The fund represented less than 1% of Cambria's total assets under management when the board decided to wind it down. That fraction is, in its way, the complete story. The ticker was perfect. The launch timing felt inspired. The ending was a rounding error.
It closed on 4/20. I cannot improve on that.
First Trust WCM Global Equity ETF: The Culture Audit Goes Global
WCM Investment Management manages approximately $115 billion on a thesis that might sound like HR consultancy: corporate culture, they argue, is the most reliable predictor of whether a competitive advantage is widening or narrowing. Not the size of the moat, but the direction. A shrinking wide moat, in their framework, is more dangerous than a growing narrow one.
This is not a marketing overlay. WCM has built their entire research process around this belief, and the performance track record of their strategies over time suggests the methodology is at least not obviously wrong.

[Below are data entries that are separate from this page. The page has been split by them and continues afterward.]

-- ===== src/Transport/Codec/Service/Bounds.antt =====
-- `decode_response` of src/transport/codec.rs on any bytes.
use zenoh_ros2_nostd.Common.{
  ℕ, ◌==◌, ◌%◌, ◌<◌, ◌≡◌, ◌≢◌, List, [], ◌∷◌, Option, none, some, arith, ok, >>=-eq-ok, Bool-cases,
  inl, inr, not, if◌then◌else◌, ◌>>=◌,
}
use mathlib.Core.Path.{subst₂}
use zenoh_ros2_nostd.Error.{Wire}
use zenoh_ros2_nostd.Transport.Reader.{Step, read_byte, read_with, read_when}
use zenoh_ros2_nostd.Transport.Reader.Advance.{
  Advances, Advances-trans, read_byte-IsForward, read_when-IsForward, Cuts, Cuts-after,
}
use zenoh_ros2_nostd.Transport.Vbyte.{decode_vbyte}
use zenoh_ros2_nostd.Transport.Protocol.Ids.{
  network_response, network_response_final, zenoh_put, zenoh_reply,
}
use zenoh_ros2_nostd.Transport.Protocol.Flags.{flag_n, flag_z, reply_c}
use zenoh_ros2_nostd.Transport.Codec.Header.{has_flag, msg_id}
use zenoh_ros2_nostd.Transport.Codec.Extension.{skip_extensions}
use zenoh_ros2_nostd.Transport.Codec.Put.{read_suffix, read_put_body}
use zenoh_ros2_nostd.Transport.Codec.Put.Bounds.{
  number-IsForward, extensions-IsForward, read_suffix-IsForward, read_put_body-IsCut, EndsWith,
  cut-EndsWith,
}
use zenoh_ros2_nostd.Transport.Codec.Service.{
  IncomingReply, ResponseMsg, reply, u32_size, read_reply, decode_response_msg,
  decode_response_final, decode_response,
}

some_payload :
    (made payload : List ℕ) (p pos : ℕ) (r rest' rest : List ℕ) (start : ℕ)
    → ◌≡◌ {A = Wire (Option (List ℕ) × ℕ × List ℕ)}
        (ok (some made, p, r))
        (ok (some payload, pos, rest'))
    → Cuts start rest made p r
    → Cuts start rest payload pos rest'
some_payload made payload p pos r rest' rest start same c = ground (arith, c, same)

-- What stands behind the header of a Reply's body.
abbrev put_part : ℕ → Step (Option (List ℕ))
put_part put_header pos rest =
    if not (msg_id put_header == zenoh_put)
    then ok (none, pos, rest)
    else (do (payload, pos, rest) ← read_put_body put_header pos rest; ok (some payload, pos, rest))

put_part-Cuts :
    (put_header pos : ℕ) (rest payload : List ℕ) (pos' : ℕ) (rest' : List ℕ)
    → put_part put_header pos rest ≡ ok (some payload, pos', rest')
    → Cuts pos rest payload pos' rest'
put_part-Cuts put_header pos rest payload pos' rest' e =
    elim (Bool-cases (msg_id put_header == zenoh_put)) [
      | inl is_put ↦
          let ((made, p, r), ran, same) =
            >>=-eq-ok (read_put_body put_header pos rest) _ (rw is_put at e) in
          some_payload made payload p pos' r rest' rest pos same
            (read_put_body-IsCut put_header pos rest made p r ran)
      | inr other ↦ cc (rw other at e)
    ]

-- A Reply that is found ends with its payload.
read_reply-Cuts :
    (header pos : ℕ) (rest payload : List ℕ) (pos' : ℕ) (rest' : List ℕ)
    → read_reply header pos rest ≡ ok (some payload, pos', rest')
    → Cuts pos rest payload pos' rest'
unfolding read_reply
read_reply-Cuts header pos rest payload pos' rest' e =
    let ((u, p1, r1), e1, f1) =
      >>=-eq-ok (read_when (has_flag header flag_z) tt skip_extensions pos rest) _ e in
    let ((reply_header, p2, r2), e2, f2) = >>=-eq-ok (read_byte p1 r1) _ f1 in
    let prefix =
      Advances-trans (extensions-IsForward (has_flag header flag_z) pos rest u p1 r1 e1)
        (read_byte-IsForward p1 r1 reply_header p2 r2 e2) in
    elim (Bool-cases (msg_id reply_header == zenoh_reply)) [
      | inl is_reply ↦
          let ((n, p3, r3), e3, f3) =
            >>=-eq-ok (read_when (has_flag reply_header reply_c) 0 (read_with decode_vbyte) p2 r2) _
              (rw is_reply at f2) in
          let ((u', p4, r4), e4, f4) =
            >>=-eq-ok (read_when (has_flag reply_header flag_z) tt skip_extensions p3 r3) _ f3 in
          let ((put_header, p5, r5), e5, f5) = >>=-eq-ok (read_byte p4 r4) _ f4 in
          let middle =
            Advances-trans
              (read_when-IsForward (has_flag reply_header reply_c) 0 (read_with decode_vbyte)
                number-IsForward p2 r2 n p3 r3 e3)
              (Advances-trans
                (extensions-IsForward (has_flag reply_header flag_z) p3 r3 u' p4 r4 e4)
                (read_byte-IsForward p4 r4 put_header p5 r5 e5)) in
          Cuts-after (Advances-trans prefix middle)
            (put_part-Cuts put_header p5 r5 payload pos' rest' f5)
      | inr other ↦ cc (rw other at f2)
    ]

-- What `decode_response_msg` makes of the payload that it found.
abbrev response_of : ℕ → ℕ → List ℕ → ℕ → Option (List ℕ) → Option (ResponseMsg × ℕ)
response_of request_id scope key_suffix pos found = elim found [
  | none ↦ none
  | some payload ↦ some (
    reply (record {
      request_id = request_id % u32_size;
      scope = scope;
      key_suffix = key_suffix;
      payload = payload;
    }),
    pos,
  )
]

final_reply :
    (header : ℕ) (rest : List ℕ) (r : IncomingReply) (pos : ℕ)
    → decode_response_final header rest ≢ ok (some (reply r, pos))
unfolding decode_response_final
final_reply header rest r pos e =
    let ((id, p1, r1), e1, f1) = >>=-eq-ok (read_with decode_vbyte 1 rest) _ e in
    let ((u, p2, r2), e2, f2) =
      >>=-eq-ok (read_when (has_flag header flag_z) tt skip_extensions p1 r1) _ f1 in
    cc

found_reply :
    (buf : List ℕ) (made r : IncomingReply) (p pos : ℕ)
    → ◌≡◌ {A = Wire (Option (ResponseMsg × ℕ))}
        (ok (some (reply made, p)))
        (ok (some (reply r, pos)))
    → EndsWith buf p made.payload
    → made.request_id < u32_size
    → EndsWith buf pos r.payload × (r.request_id < u32_size)
found_reply buf made r p pos same h small =
    let found : made ≡ r = cc in
    let at : p ≡ pos = cc in
    subst₂ (λ m k. EndsWith buf k m.payload × (m.request_id < u32_size)) found at (h, small)

response_msg_bounds :
    (header : ℕ) (rest : List ℕ) (r : IncomingReply) (pos : ℕ)
    → decode_response_msg header rest ≡ ok (some (reply r, pos))
    → EndsWith (header ∷ rest) pos r.payload × (r.request_id < u32_size)
unfolding decode_response_msg
response_msg_bounds header rest r pos e =
    let ((id, p1, r1), e1, f1) = >>=-eq-ok (read_with decode_vbyte 1 rest) _ e in
    let ((scope, p2, r2), e2, f2) = >>=-eq-ok (read_with decode_vbyte p1 r1) _ f1 in
    let ((key, p3, r3), e3, f3) = >>=-eq-ok (read_suffix (has_flag header flag_n) p2 r2) _ f2 in
    let ((found, p4, r4), e4, f4) = >>=-eq-ok (read_reply header p3 r3) _ f3 in
    let prefix = Advances-trans (number-IsForward 1 rest id p1 r1 e1) (
      Advances-trans (number-IsForward p1 r1 scope p2 r2 e2)
        (read_suffix-IsForward (has_flag header flag_n) p2 r2 key p3 r3 e3)) in
    last found id scope key p3 p4 r3 r4 prefix e4 f4
  where
    last :
        (found : Option (List ℕ)) (id scope : ℕ) (key : List ℕ) (p3 p4 : ℕ) (r3 r4 : List ℕ)
        → Advances 1 rest p3 r3
        → read_reply header p3 r3 ≡ ok (found, p4, r4)
        → ◌≡◌ {A = Wire (Option (ResponseMsg × ℕ))}
            (ok (response_of id scope key p4 found))
            (ok (some (reply r, pos)))
        → EndsWith (header ∷ rest) pos r.payload × (r.request_id < u32_size)
    last none id scope key p3 p4 r3 r4 prefix e4 same = cc
    last (some payload) id scope key p3 p4 r3 r4 prefix e4 same =
        found_reply (header ∷ rest) _ r p4 pos same
          (cut-EndsWith header (Cuts-after prefix (read_reply-Cuts header p3 r3 payload p4 r4 e4)))
          (omega arith)

-- Any bytes in which `decode_response` finds a Reply: its payload lies inside the frame and ends
-- where the message ends, and its request number fits a u32.
pub decode_response_bounds :
    (buf : List ℕ) (r : IncomingReply) (pos : ℕ)
    → decode_response buf ≡ ok (some (reply r, pos))
    → EndsWith buf pos r.payload × (r.request_id < u32_size)
unfolding decode_response
decode_response_bounds [] r pos e = cc
decode_response_bounds (header ∷ rest) r pos e =
    elim (Bool-cases (msg_id header == network_response_final)) [
      | inl is_final ↦ absurd (final_reply header rest r pos (rw is_final at e))
      | inr not_final ↦ elim (Bool-cases (msg_id header == network_response)) [
        | inl is_response ↦ response_msg_bounds header rest r pos (rw (not_final, is_response) at e)
        | inr other ↦ cc (rw (not_final, other) at e)
      ]
    ]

WCMG, the First Trust WCM Global Equity ETF, is the latest product in a now-complete family: they already offer WCMI for international equities and WCME for developing world equities. The global version holds 20 to 40 stocks. Every company in that portfolio has passed an assessment that includes a judgment on whether the culture actively supports the expansion of its competitive advantage. The bar, if you accept the framework, is genuinely high. You are essentially buying the fund manager's proprietary cultural due diligence alongside the underlying holdings.
There is an obvious joke here about whether one can quantify culture. WCM's AUM suggests enough people have decided not to make that joke.
BetaShares 2031 Fixed Term Active ETF: One More Rung on the Ladder
BetaShares has been methodically building a ladder of fixed-term active corporate bond ETFs across Australian maturities. 30BB holds corporate bonds maturing in 2030. 31BB now holds bonds maturing in 2031. Each fund distributes regular income and liquidates when the target year arrives, combining the predictability of holding bonds to maturity with the diversification of a fund structure.
The “active” component is worth noting: a manager selects which corporate bonds to hold rather than mechanically tracking an index. This matters in credit markets, where index replication can mean owning the most indebted issuers in proportion to the size of their debt, which is not necessarily a characteristic you want in a vehicle meant to return your capital on schedule.
One rung at a time. 31BB is not exciting. That is, entirely, the point.
The BNP Paribas Trio: Three Ways to Say “No, Thank You”
Three BNP Paribas products arrived across European exchanges. A minimum volatility emerging market ETF on the London Stock Exchange (EEMK). A minimum volatility US equity ETF also on the LSE (ENAM). And a plain MSCI USA ETF on the Swiss exchange (BGUS).
No leverage. No equity linkage. No cultural assessments. No fixed maturity dates. MSCI indices, broadly diversified, at a price.
BGUS is the one I keep returning to. An American equity index, listed in Switzerland, in what is presumably a Swiss franc-friendly wrapper, for European investors who wanted exactly this. It does not attempt to enhance anything. It tracks an index. It charges a fee. It exists.
In a batch that includes equity-linked note ETFs and culture-as-a-factor strategies and Australian bond ladders, the plain index fund listed on a Swiss exchange is quietly making the strongest argument of all. Not for excitement. For just being there, doing the thing, without asking you to check whether you understand the structured product mechanics first.
Somewhere, a Swiss pension manager is having a perfectly adequate morning.